Turkey, Middle East

Turkey 'won't allow provocations to damage Idlib deal'

US' Syria pullout should not serve divisive agenda of terrorist PYD/YPG, says Foreign Ministry

Turkey 'won't allow provocations to damage Idlib deal' Turkish Foreign Ministry Spokesman Hami Aksoy holds a press conference in Ankara, Turkey on January 18, 2019. ( Fatih Aktaş - Anadolu Agency )


Turkey will not allow terrorist provocations to damage the deal to keep the peace in Idlib, Syria, a Turkish official said on Friday.

"The U.S. withdrawal process from Syria should not serve the divisive agenda of the terrorist PYD/YPG. There should not be a fait accompli on the ground," Hami Aksoy, Foreign Ministry spokesman, told reporters in the capital Ankara.

Aksoy stressed the PYD/YPG was hit hard during Turkey's Operation Olive Branch in Syria last year, and that 300,000 Syrians returned to the terrorist-free zone.

"A great human tragedy was prevented by the Idlib, Syria deal. The deal won the appreciation of the international community," he added.
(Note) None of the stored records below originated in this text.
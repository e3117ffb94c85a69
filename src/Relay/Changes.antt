-- ===== src/Relay/Changes.antt =====
-- What each step of the relay does to the phases of the clients.
use mathlib.Core.Path.{subst}
use smarthome_backend.Prelude.{
  ℕ, ◌+◌, ◌<◌, ◌≤◌, String, ◌≡◌, refl, ◌∙◌, ◌==◌, nat_Eq, string_Eq, nat_eq_iff, ◌⊎◌, List, [], ◌∷◌,
  Option, none, some, some-injective, arith, Bool-cases, inl, inr, if◌then◌else◌,
}
use smarthome_backend.Prelude.Int.{ℤ}
use smarthome_backend.Prelude.Dict.{lookup, insert, lookup-insert}
use smarthome_backend.Json.{Value, null, num, str, Payload, Map}
use smarthome_backend.Json.Float.{to_int}
use smarthome_backend.Relay.{
  missing_id, offline, timed_out, response, Phase, sending, waiting, replied, Relay, Event, message,
  closed, request, enroll, timeout, fields_of, field_of, on_register, on_response, on_type,
  on_message, on_closed, on_request, on_enroll, on_timeout, step, run, enter_phase, on_pending,
  deliver, initial,
}
use smarthome_backend.Relay.Lock.{continue-eq-some}

-- How many steps a client's handler has still to take.
abbrev pub rank : Phase → ℕ
rank (sending r) = 2
rank waiting = 1
rank (replied r) = 0

-- A step of one client's handler.
pub record Moved (s t : Relay) : Type 0 where
  pub client : ℕ
  pub old : Phase
  pub new : Phase
  pub before : lookup client s.phases ≡ some old
  pub lower : rank new < rank old
  pub phases : t.phases ≡ insert client new s.phases
  pub next : t.next ≡ s.next

-- What a step does to the phases of the clients.
pub data Change (s t : Relay) : Type 0 where
  same : t.phases ≡ s.phases → t.next ≡ s.next → Change s t
  moved : Moved s t → Change s t
  added : (p : Phase) → t.phases ≡ insert s.next p s.phases → t.next ≡ s.next + 1 → Change s t

register-Change : (s : Relay) (conn : ℕ) (v : Value) → Change s (on_register s conn v)
unfolding on_register
register-Change s conn (str id) = same refl refl
register-Change s conn _ = same refl refl

deliver-Change :
    (s : Relay) (conn client : ℕ) (r : String) (status : ℤ) (body : Value)
    → (o : Option Phase) → lookup client s.phases ≡ o
    → Change s (deliver s conn r client status body o)
unfolding deliver
deliver-Change s conn client r status body (some waiting) e = moved (record {
  client = client;
  old = waiting;
  new = replied (response status body);
  before = e;
  lower = omega arith;
  phases = refl;
  next = refl;
})
deliver-Change s conn client r status body _ e = same refl refl

pending-Change :
    (s : Relay) (conn : ℕ) (r : String) (status body : Value) (o : Option ℕ)
    → Change s (on_pending s conn r status body o)
unfolding on_pending
pending-Change s conn r status body none = same refl refl
pending-Change s conn r (num f) body (some client) =
    deliver-Change s conn client r (to_int f) body (lookup client s.phases) refl
pending-Change s conn r _ body (some client) = same refl refl

response-Change :
    (s t : Relay) (conn : ℕ) (v status body : Value)
    → on_response s conn v status body ≡ some t
    → Change s t
unfolding on_response
response-Change s t conn (str r) status body e = elim (Bool-cases s.locked) [
  | inl held ↦ absurd (ground arith)
  | inr free ↦
      let q : on_pending s conn r status body (lookup r s.pending) ≡ t = ground arith in
      subst (Change s) q (pending-Change s conn r status body (lookup r s.pending))
]
response-Change s t conn null status body e = rw (← some-injective _ _ e) (same refl refl)
response-Change s t conn _ status body e = rw (← some-injective _ _ e) (same refl refl)

type-Change :
    (s t : Relay) (conn : ℕ) (m : Map) (v : Value) → on_type s conn m v ≡ some t → Change s t
unfolding on_type
type-Change s t conn m (str type) e = elim (Bool-cases (type == "register")) [
  | inl reg ↦ rw (← some-injective _ _ (rw reg at e)) (register-Change s conn (field_of "id" m))
  | inr other ↦ elim (Bool-cases (type == "response")) [
    | inl resp ↦
        response-Change s t conn (field_of "reqId" m) (field_of "status" m) (field_of "body" m)
          (rw (other, resp) at e)
    | inr unknown ↦ rw (← some-injective _ _ (rw (other, unknown) at e)) (same refl refl)
  ]
]
type-Change s t conn m _ e = rw (← some-injective _ _ e) (same refl refl)

message-Change : (s t : Relay) (conn : ℕ) (p : Payload) → on_message s conn p ≡ some t → Change s t
unfolding on_message
message-Change s t conn p e =
    type-Change s t conn (fields_of p) (field_of "type" (fields_of p)) (ground arith)

closed-Change : (s t : Relay) (conn : ℕ) → on_closed s conn ≡ some t → Change s t
unfolding on_closed
closed-Change s t conn e = same (ground arith) (ground arith)

request-Change : (s : Relay) (a r : String) → Change s (on_request s a r)
unfolding on_request
request-Change s a r = elim (Bool-cases (a == "")) [
  | inl empty ↦ rw empty (added (replied missing_id) refl refl)
  | inr given ↦ rw given (found (lookup a s.agents) refl)
]
  where
    found :
        (o : Option ℕ)
        → lookup a s.agents ≡ o
        → Change s (elim (lookup a s.agents) [
          | none ↦ enter_phase s (replied offline)
          | some conn ↦ enter_phase s (sending r)
        ])
    found none e = rw e (added (replied offline) refl refl)
    found (some conn) e = rw e (added (sending r) refl refl)

pub enroll-Moved :
    (s t : Relay) (client : ℕ) (o : Option Phase)
    → lookup client s.phases ≡ o
    → on_enroll s client o ≡ some t
    → Moved s t
unfolding on_enroll
enroll-Moved s t client (some (sending r)) e q = record {
  client = client;
  old = sending r;
  new = waiting;
  before = e;
  lower = omega arith;
  phases = ground arith;
  next = ground arith;
}
enroll-Moved s t client none e q = cc
enroll-Moved s t client (some waiting) e q = cc
enroll-Moved s t client (some (replied r)) e q = cc

pub timeout-Moved :
    (s t : Relay) (client : ℕ) (o : Option Phase)
    → lookup client s.phases ≡ o
    → on_timeout s client o ≡ some t
    → Moved s t
unfolding on_timeout
timeout-Moved s t client (some waiting) e q = record {
  client = client;
  old = waiting;
  new = replied timed_out;
  before = e;
  lower = omega arith;
  phases = ground arith;
  next = ground arith;
}
timeout-Moved s t client none e q = cc
timeout-Moved s t client (some (sending r)) e q = cc
timeout-Moved s t client (some (replied r)) e q = cc

pub step-Change : (s t : Relay) (e : Event) → step s e ≡ some t → Change s t
unfolding step
step-Change s t (message conn p) q = message-Change s t conn p q
step-Change s t (closed conn) q = closed-Change s t conn q
step-Change s t (request a r) q = subst (Change s) (some-injective _ _ q) (request-Change s a r)
step-Change s t (enroll client) q = moved (enroll-Moved s t client _ refl q)
step-Change s t (timeout client) q = moved (timeout-Moved s t client _ refl q)

pub lookup-Moved :
    (s t : Relay) (c : ℕ) (m : Moved s t)
    → lookup c t.phases ≡ (if m.client == c then some m.new else lookup c s.phases)
lookup-Moved s t c m = rw m.phases (lookup-insert m.client c m.new s.phases)

pub lookup-added :
    (s t : Relay) (c : ℕ) (p : Phase)
    → t.phases ≡ insert s.next p s.phases
    → lookup c t.phases ≡ (if s.next == c then some p else lookup c s.phases)
lookup-added s t c p e = rw e (lookup-insert s.next c p s.phases)

-- A number is that of a client, below `next`, or that of none.
abbrev pub Numbers : Relay → ℕ → Type 0
Numbers s c =
    ((c < s.next) × (p : Phase) × (lookup c s.phases ≡ some p))
    ⊎ ((s.next ≤ c) × (lookup c s.phases ≡ none))

abbrev pub IsFresh : Relay → Type 0
IsFresh s = (c : ℕ) → Numbers s c

Moved-Numbers : (s t : Relay) (m : Moved s t) (c : ℕ) → Numbers s c → Numbers t c
Moved-Numbers s t m c (inl (lt, p, e)) = elim (Bool-cases (m.client == c)) [
  | inl own ↦ inl (rw m.next lt, m.new, lookup-Moved s t c m ∙ rw own refl)
  | inr other ↦ inl (rw m.next lt, p, lookup-Moved s t c m ∙ rw other e)
]
Moved-Numbers s t m c (inr (le, e)) = elim (Bool-cases (m.client == c)) [
  | inl own ↦ absurd (ground (arith, nat_eq_iff m.client c, m.before))
  | inr other ↦ inr (rw m.next le, lookup-Moved s t c m ∙ rw other e)
]

added-Numbers :
    (s t : Relay) (x : Phase) (c : ℕ)
    → t.phases ≡ insert s.next x s.phases
    → t.next ≡ s.next + 1
    → Numbers s c
    → Numbers t c
added-Numbers s t x c p n (inl (lt, y, e)) = elim (Bool-cases (s.next == c)) [
  | inl own ↦ absurd (ground (arith, nat_eq_iff s.next c))
  | inr other ↦ inl (omega (arith, lt, n), y, lookup-added s t c x p ∙ rw other e)
]
added-Numbers s t x c p n (inr (le, e)) = elim (Bool-cases (s.next == c)) [
  | inl own ↦ inl (ground (arith, nat_eq_iff s.next c), x, lookup-added s t c x p ∙ rw own refl)
  | inr other ↦ inr (ground (arith, nat_eq_iff s.next c), lookup-added s t c x p ∙ rw other e)
]

pub Change-IsFresh : (s t : Relay) → Change s t → IsFresh s → IsFresh t
Change-IsFresh s t (same p n) h c = rw (p, n) (h c)
Change-IsFresh s t (moved m) h c = Moved-Numbers s t m c (h c)
Change-IsFresh s t (added x p n) h c = added-Numbers s t x c p n (h c)

pub run-IsFresh : (s u : Relay) (es : List Event) → IsFresh s → run s es ≡ some u → IsFresh u
unfolding run
run-IsFresh s u [] h q = rw (← some-injective _ _ q) h
run-IsFresh s u (x ∷ es) h q =
    let (t, first, rest) = continue-eq-some (step s x) (λ t. run t es) q in
    run-IsFresh t u es (Change-IsFresh s t (step-Change s t x first) h) rest

pub initial-IsFresh : IsFresh initial
unfolding lookup
initial-IsFresh c = inr (omega arith, refl)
Liberating Manbij from the PYD/YPG is a matter of national security for us, Aksoy said, adding:

"A terrorist attack happened in Manbij. It was a terrorist attack, which revealed the importance of the full implementation of the road map and clearing the region from terrorist organizations."

The remarks came in the wake of a Daesh attack on Wednesday which killed 16 people, including four U.S. soldiers.

Turkish officials said the attack might have been meant to derail the U.S. plan to withdraw from Syria, announced in December after U.S. President Donald Trump spoke with Turkish President Recep Tayyip Erdogan.

Following a meeting last September between Erdogan and his Russian counterpart Vladimir Putin, the two sides agreed to set up a demilitarized zone in Idlib, Syria.

Under the deal, opposition groups in Idlib are to remain in areas where they are already present, while Russia and Turkey conduct joint patrols in the area to prevent renewed fighting.

In its more than 30-year terror campaign against Turkey, the PKK -- listed as a terrorist organization by Turkey, the U.S. and the EU -- has been responsible for the deaths of some 40,000 people, including women and children. The PYD/YPG is its Syrian branch.

Erdogan will pay a visit to Russia on Jan. 23 to discuss the issue of the safe zone in northern Syria with Putin, said the spokesman.

"We are very positive about the U.S. proposal for the safe-zone in the region. We believe that this will be a significant development in the context of Syria and we support it. We will continue our talks with our Russian partners on this theme," said Aksoy.

Busy diplomacy traffic

In a Monday phone call, Erdogan and Trump discussed the idea of establishing a terror-free safe zone in northern Syria.

Aksoy also said a delegation headed by Turkey’s Deputy Foreign Minister Sedat Onal will visit the U.S. on Feb. 5 to discuss Syria and fight against terrorist groups.

The Turkish diplomat said the U.S. Senator Lindsey Graham is expected to meet with Erdogan, Foreign Minister Mevlut Cavusoglu, Minister of National Defense Hulusi Akar and Turkish Intelligence Organization (MIT) President Hakan Fidan in Ankara on Friday.

We hope to gain momentum in EU-Turkey relations under Romania's EU presidency, said Aksoy, adding that they expect developments on visa liberalization and the updating of the Customs Union.

Turkey applied for EU membership in 1987 and its accession talks began in 2005.

But negotiations stalled in 2007 due to the objections of the Greek Cypriot administration as well as opposition from Germany and France.